# is Fasttech reliable?



## Rossouw (1/12/15)

Hi guys

So I am thinking about ordering the Reuleaux RX200 from fasttech, but I saw the verification sticker has been removed by fasttech, any idea on why they do that? 

The price is $48.19, which makes it very, very tempting.


----------



## shaunnadan (1/12/15)

fasttech sells clones unless its stated as authentic. 

they are reliable and every order of mine arrived but they ship via canoe.

Reactions: Like 1 | Agree 1 | Funny 3


----------



## n00b13 (1/12/15)

My understanding is that they remove the sticker, as these items are essentially grey imports.

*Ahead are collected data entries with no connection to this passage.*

-- ===== src/Views/Frame.antt =====
-- The frame around the views (web/src/components/BrandLogo.jsx, web/src/components/Sidebar.jsx, web/src/components/Topbar.jsx,
-- web/src/components/Toast.jsx).
use job_flow_web_application.Prelude.{
  [], ◌∷◌, ◌++◌, List, Bool, false, ◌&&◌, not, Option, none, some, if◌then◌else◌,
}
use job_flow_web_application.Prelude.Text.{Text, txt, ◌==◌, is_empty, or_else}
use job_flow_web_application.Model.{User}
use job_flow_web_application.Markup.{
  header, aside, nav, div, h1, h2, p, span, strong, img, button, icon, click, size, class_name, key,
  named, on, Attribute, Markup, empty, text, el, each, optional, when, class, words, glyph,
}

-- `refreshing ? "spin" : ""`
abbrev pub spin : {A : Type 0} → Bool → Attribute A
spin loading = class_name (if loading then txt "spin" else txt "")

unfoldable pub brand_logo : {A : Type 0} → Bool → Markup A
brand_logo large =
    el div (class_name (txt "brand " ++ (if large then txt "large" else txt "")) ∷ []) (
      (if large
        then el img
            (class "brand-logo-full"
              ∷ named (txt "src") (txt "/jobflow-logo.png")
              ∷ named (txt "alt") (txt "JobFlow logo")
              ∷ [])
            []
        else el span
            (class "brand-logo-mark"
              ∷ named (txt "role") (txt "img")
              ∷ named (txt "aria-label") (txt "JobFlow logo")
              ∷ [])
            [])
      ∷ when (not large) (
          el div [] (
            el h1 [] (words "JobFlow" ∷ [])
            ∷ el span [] (words "Queue operations console" ∷ [])
            ∷ []))
      ∷ [])

-- The views of the side bar: key, label and icon.
unfoldable pub sidebar_items : List (Text × Text × Text)
sidebar_items =
    (txt "dashboard", txt "Dashboard", txt "Activity")
    ∷ (txt "jobs", txt "Jobs", txt "BriefcaseBusiness")
    ∷ (txt "queues", txt "Queues", txt "Workflow")
    ∷ (txt "workers", txt "Workers", txt "RadioTower")
    ∷ (txt "settings", txt "Settings", txt "Settings")
    ∷ []

-- `user?.name || user?.email || "Signed in session"`
unfoldable pub user_line : Option User → Text
user_line none = txt "Signed in session"
user_line (some user) = or_else user.name (or_else user.email (txt "Signed in session"))

module _ {A : Type 0} where
  unfoldable pub sidebar_item : Text → (Text → A) → Text × Text × Text → Markup A
  sidebar_item active_view on_navigate (view, label, symbol) =
      el button
        (key view
          ∷ class_name (if active_view == view then txt "active" else txt "")
          ∷ on click (on_navigate view)
          ∷ [])
        (el (icon symbol) (size 16 ∷ []) [] ∷ words " " ∷ text label ∷ [])

  unfoldable pub sidebar : Text → (Text → A) → A → Markup A
  unfolding brand_logo sidebar_item sidebar_items
  sidebar active_view on_navigate on_sign_out = el aside (class "sidebar" ∷ []) (
      brand_logo false
      ∷ el nav [] (each (sidebar_item active_view on_navigate) sidebar_items ∷ [])
      ∷ el div (class "system-card" ∷ []) (
          el div [] (glyph "CheckCircle2" 16 [] ∷ el strong [] (words "System Online" ∷ []) ∷ [])
          ∷ el span [] (words "All services operational" ∷ [])
          ∷ [])
      ∷ el button (class "ghost wide" ∷ on click on_sign_out ∷ [])
          (glyph "LogOut" 16 [] ∷ words " Sign out" ∷ [])
      ∷ [])

  unfoldable pub topbar : Text → Option Text → Option User → Bool → A → Markup A
  unfolding user_line
  topbar today title user loading on_refresh = el header (class "topbar" ∷ []) (
      el div [] (
        el h2 [] (optional title ∷ [])
        ∷ el p [] (text (user_line user) ∷ words " | " ∷ text today ∷ [])
        ∷ [])
      ∷ el button
          (class "icon-button" ∷ on click on_refresh ∷ named (txt "title") (txt "Refresh") ∷ [])
          (glyph "RefreshCcw" 18 (spin loading ∷ []) ∷ [])
      ∷ [])

  unfoldable pub toast : Text → Text → A → Markup A
  toast notice error on_clear =
      if is_empty notice && is_empty error
      then empty
      else el div
          (class_name (txt "toast " ++ (if is_empty error then txt "" else txt "error")) ∷ [])
          (el span [] (text (or_else error notice) ∷ [])
            ∷ el button
                (class "icon-button small"
                  ∷ on click on_clear
                  ∷ named (txt "title") (txt "Dismiss")
                  ∷ [])
                (glyph "X" 15 [] ∷ [])
            ∷ [])
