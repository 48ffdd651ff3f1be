-- ===== src/Views/Fleet.antt =====
-- The page of the workers (web/src/views/WorkersView.jsx) and their board on the dashboard
-- (web/src/components/WorkerBoard.jsx).
pub mod Listing
pub mod Seen
use job_flow_web_application.Prelude.{
  ℕ, List, [], ◌∷◌, ◌++◌, Bool, true, false, Option, none, some, length,
}
use job_flow_web_application.Prelude.Text.{Text, txt, or_else}
use job_flow_web_application.Model.{Worker, Stats, Platform}
use job_flow_web_application.Workers.{online, offline, avg_heartbeat, filtered_workers}
use job_flow_web_application.Markup.{
  section, div, h2, h3, p, strong, span, small, select, option, input, button, icon, click, key,
  size, value, class_name, named, on, on_change, disabled, Markup, el, each, when, text, class,
  words, glyph, children,
}
use job_flow_web_application.Views.{Locale}
use job_flow_web_application.Views.Frame.{spin}

-- `stats?.workers || []`
abbrev pub workers_of : Option Stats → List Worker
workers_of none = []
workers_of (some stats) = stats.workers

abbrev pub is_none_of : {X : Type 0} → List X → Bool
is_none_of [] = true
is_none_of (_ ∷ _) = false

-- The texts that the page is searched by.
pub record WorkerFilter : Type 0 where
  pub query : Text
  pub status : Text

pub data WorkersAction : Type 0 where
  search choose_status : Text → WorkersAction
  refresh : WorkersAction

unfoldable pub worker_filter : WorkerFilter
worker_filter = record { query = txt ""; status = txt "all" }

unfoldable pub change_worker_filter : WorkersAction → WorkerFilter → WorkerFilter
change_worker_filter (search query) f = record f { query = query }
change_worker_filter (choose_status status) f = record f { status = status }
change_worker_filter refresh f = f

module _ (locale : Locale) {A : Type 0} where
  unfoldable pub worker_metric : Text → Text → Text → Text → Text → Markup A
  worker_metric symbol title figure helper tone =
      el div (class_name (txt "worker-metric " ++ tone) ∷ []) (
        el div (class "worker-metric-icon" ∷ []) (el (icon symbol) (size 25 ∷ []) [] ∷ [])
        ∷ el div [] (
            el span [] (text title ∷ [])
            ∷ el strong [] (text figure ∷ [])
            ∷ el small [] (text helper ∷ [])
            ∷ [])
        ∷ [])

  unfoldable pub worker_card : Worker → Markup A
  worker_card worker = el div (class "worker-card" ∷ key worker.id ∷ []) (
      el div (class "worker-head" ∷ []) (
        el span (class_name (txt "dot " ++ worker.status) ∷ []) []
        ∷ el strong [] (text (or_else worker.hostname (txt "Worker")) ∷ [])
        ∷ [])
      ∷ el span [] (text worker.status ∷ [])
      ∷ el div (class "worker-stats" ∷ []) (
          el span [] (
            glyph "Cpu" 14 []
            ∷ words " "
            ∷ text (locale.number_text worker.jobs_processed)
            ∷ words " processed"
            ∷ [])
          ∷ el span [] (text (locale.number_text worker.jobs_failed) ∷ words " failed" ∷ [])
          ∷ [])
      ∷ el small [] (words "Heartbeat " ∷ text (locale.time_of_day worker.last_heartbeat) ∷ [])
      ∷ [])

  unfoldable pub worker_board : Option Stats → Markup A
  unfolding worker_card
  worker_board stats = el section (class "panel worker-board" ∷ []) (
      el div (class "panel-title split" ∷ []) (
        el div (class "title-inline" ∷ []) (
          glyph "RadioTower" 18 []
          ∷ el div [] (
              el h3 [] (words "Workers" ∷ [])
              ∷ el span [] (words "Worker heartbeat status" ∷ [])
              ∷ [])
          ∷ [])
        ∷ [])
      ∷ el div (class "worker-grid" ∷ []) (
          each worker_card (workers_of stats)
          ∷ when (is_none_of (workers_of stats))
              (el p (class "empty" ∷ []) (words "No worker heartbeats yet." ∷ []))
          ∷ [])
      ∷ [])

  -- The four figures of the page.
  unfoldable pub worker_metrics : List Worker → Markup A
  unfolding worker_metric
  worker_metrics workers = el section (class "worker-metrics" ∷ []) (
      worker_metric (txt "UsersRound") (txt "Total Workers") (locale.number_text (length workers))
        (txt "Registered workers") (txt "green")
      ∷ worker_metric (txt "Wifi") (txt "Online") (locale.number_text (online workers))
          (txt "Currently active") (txt "green")
      ∷ worker_metric (txt "Clock3") (txt "Offline") (locale.number_text (offline workers))
          (txt "Not responding") (txt "muted")
      ∷ worker_metric (txt "Wifi") (txt "Heartbeat (avg)") (avg_heartbeat workers)
          (txt "Last 5 minutes") (txt "blue")
      ∷ [])

module _ {A : Type 0} where
  -- The heading of the page.
  unfoldable pub workers_heading : (WorkersAction → A) → Bool → Markup A
  workers_heading act loading = el div (class "view-heading" ∷ []) (
      el div [] (
        el h2 [] (words "Worker Fleet" ∷ [])
        ∷ el p [] (words "Manage and monitor your workers" ∷ [])
        ∷ [])
      ∷ el button (class "secondary refresh-button" ∷ on click (act refresh) ∷ [])
          (glyph "RefreshCcw" 16 (spin loading ∷ []) ∷ words " Refresh" ∷ [])
      ∷ [])

  unfoldable pub worker_controls : (WorkersAction → A) → WorkerFilter → Markup A
  worker_controls act filter = el div (class "workers-table-header" ∷ []) (
      el div (class "title-inline" ∷ []) (
        glyph "UsersRound" 22 []
        ∷ el div [] (
            el h3 [] (words "Workers" ∷ [])
            ∷ el span [] (words "Worker heartbeat status" ∷ [])
            ∷ [])
        ∷ [])
      ∷ el div (class "worker-controls" ∷ []) (
          el div (class "search-box worker-search" ∷ []) (
            glyph "Search" 17 []
            ∷ el input
                (named (txt "placeholder") (txt "Search workers...")
                  ∷ value filter.query
                  ∷ on_change (λ typed. act (search typed))
                  ∷ [])
                []
            ∷ [])
          ∷ el select (value filter.status ∷ on_change (λ chosen. act (choose_status chosen)) ∷ [])
              (el option (value (txt "all") ∷ []) (words "All status" ∷ [])
                ∷ el option (value (txt "online") ∷ []) (words "Online" ∷ [])
                ∷ el option (value (txt "offline") ∷ []) (words "Offline" ∷ [])
                ∷ [])
          ∷ [])
      ∷ [])
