-- ===== src/Timeline.antt =====
-- The timeline of a job (web/src/components/JobTimeline.jsx).
use job_flow_web_application.Prelude.{
  List, [], ◌∷◌, Bool, true, false, ◌||◌, Option, none, some, not, ◌≡◌, ◌≢◌, ap, length, arith,
  Bool-cases, inl, inr, if◌then◌else◌,
}
use job_flow_web_application.Prelude.Text.{Text, txt, ◌==◌, is_empty}
use job_flow_web_application.Model.{Job}

pub record TimelineStep : Type 0 where
  pub key : Text
  pub label : Text
  pub time : Option Text
  pub done : Bool

-- `Boolean(time)`
abbrev pub is_set : Option Text → Bool
is_set none = false
is_set (some time) = not (is_empty time)

abbrev pub has_failed : Job → Bool
has_failed job = job.status == txt "dead_letter" || job.status == txt "failed"

unfoldable pub finished_step : Job → TimelineStep
finished_step job = record {
  key = txt "finished";
  label = if has_failed job then txt "Failed" else txt "Completed";
  time = job.completed_at;
  done =
      is_set job.completed_at
      || (job.status == txt "failed"
          || (job.status == txt "dead_letter" || job.status == txt "completed"));
}

unfoldable pub steps : Option Job → List TimelineStep
unfolding finished_step
steps none = []
steps (some job) =
    record { key = txt "created"; label = txt "Created"; time = some job.created_at; done = true }
    ∷ record {
      key = txt "started";
      label = txt "Started";
      time = job.started_at;
      done = is_set job.started_at;
    }
    ∷ finished_step job
    ∷ record {
      key = txt "retry";
      label = txt "Retry";
      time = none;
      done = job.status == txt "retrying";
    }
    ∷ []

labels_differ : txt "Completed" ≢ txt "Failed"
unfolding txt
labels_differ = λ e. omega (arith, ap length e)

-- A finish that is labelled as failed is shown as done.
pub finished_step-done :
    (job : Job) → (finished_step job).label ≡ txt "Failed" → (finished_step job).done ≡ true
unfolding finished_step
finished_step-done job h = elim (Bool-cases (has_failed job)) [
  | inl failed ↦ ground arith
  | inr other ↦ absurd (labels_differ (rw other at h))
]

This makes it impossible to trace the supplier (in cases where supplier a is not allowed to export to country b)
I received my ego one mini from fasttech today and I cannot find any reason to doubt its authenticity. 
Just read the reviews in the item page, should give an idea if seller is not legit


Sent from my iPhone using Tapatalk

Reactions: Agree 1


----------



## Rossouw (1/12/15)

Thanks!
They do state that the product is authentic.
Any idea on other duties/taxes involved?
Really not keen on waiting a few months though haha


----------



## n00b13 (1/12/15)

Mine took 4-5 weeks, and I paid R63 at post office (on $29 order)


Sent from my iPhone using Tapatalk


----------



## Rossouw (1/12/15)

Thanks for the help guys!


----------



## ZirSire (4/12/15)

Hello, Sorry kinda just going to go off the same question.
Do they have to deliver to post office?
Any advice for ordering from Fasttech, never ordered anything from over-sea's...don't want my orders to get stuck in customs or anything... don't really want to have to go to a post office either.
Fasttech has tons of awesome stuff..would really like to order some from them.


----------



## Skollie (4/12/15)

yeah i ordered mine to be delivered to my home? do you think that will slow down the process? also bear in mind it will take longer as it is the festive season. i am hoping to get my order by mid jan.... sigh its the worst waiting . if they had the stuff here i would not have used them.


----------



## ZirSire (4/12/15)

CapeVapeConnection said:


> yeah i ordered mine to be delivered to my home? do you think that will slow down the process? also bear in mind it will take longer as it is the festive season. i am hoping to get my order by mid jan.... sigh its the worst waiting . if they had the stuff here i would not have used them.


Let us know how that goes...I'm real eager to use them, if i do i think i'd do a small order first just to make sure.. i signed up and registered to my work address and we don't have a postbox so if they deliver to a post office i wont know where it is lol..
Good luck to you, was thinking of placing an order in earl jan but wanted to do some research first so far they seem to be legit and haven't seen many problems either..just can never be to concerned with these thingys.


----------



## Nova69 (4/12/15)

It's registered mail with tracking,you will need to go and collect at sapo.I received all my orders to date

Reactions: Like 1 | Thanks 1


----------



## Skollie (4/12/15)

ahh i see! yeah mine still hasn't actually physically shipped i think. well at least not according to singaporemail. yeah i just ordered like $40 dorrars of stuff. so lets see will keep ya posted

Reactions: Optimistic 1


----------



## Skollie (4/12/15)

lol thanks @ZirSire for the vote of confidence


----------



## kev mac (5/12/15)

Rossouw said:


> Hi guys
> 
> So I am thinking about ordering the Reuleaux RX200 from fasttech, but I saw the verification sticker has been removed by fasttech, any idea on why they do that?
> 
> The price is $48.19, which makes it very, very tempting.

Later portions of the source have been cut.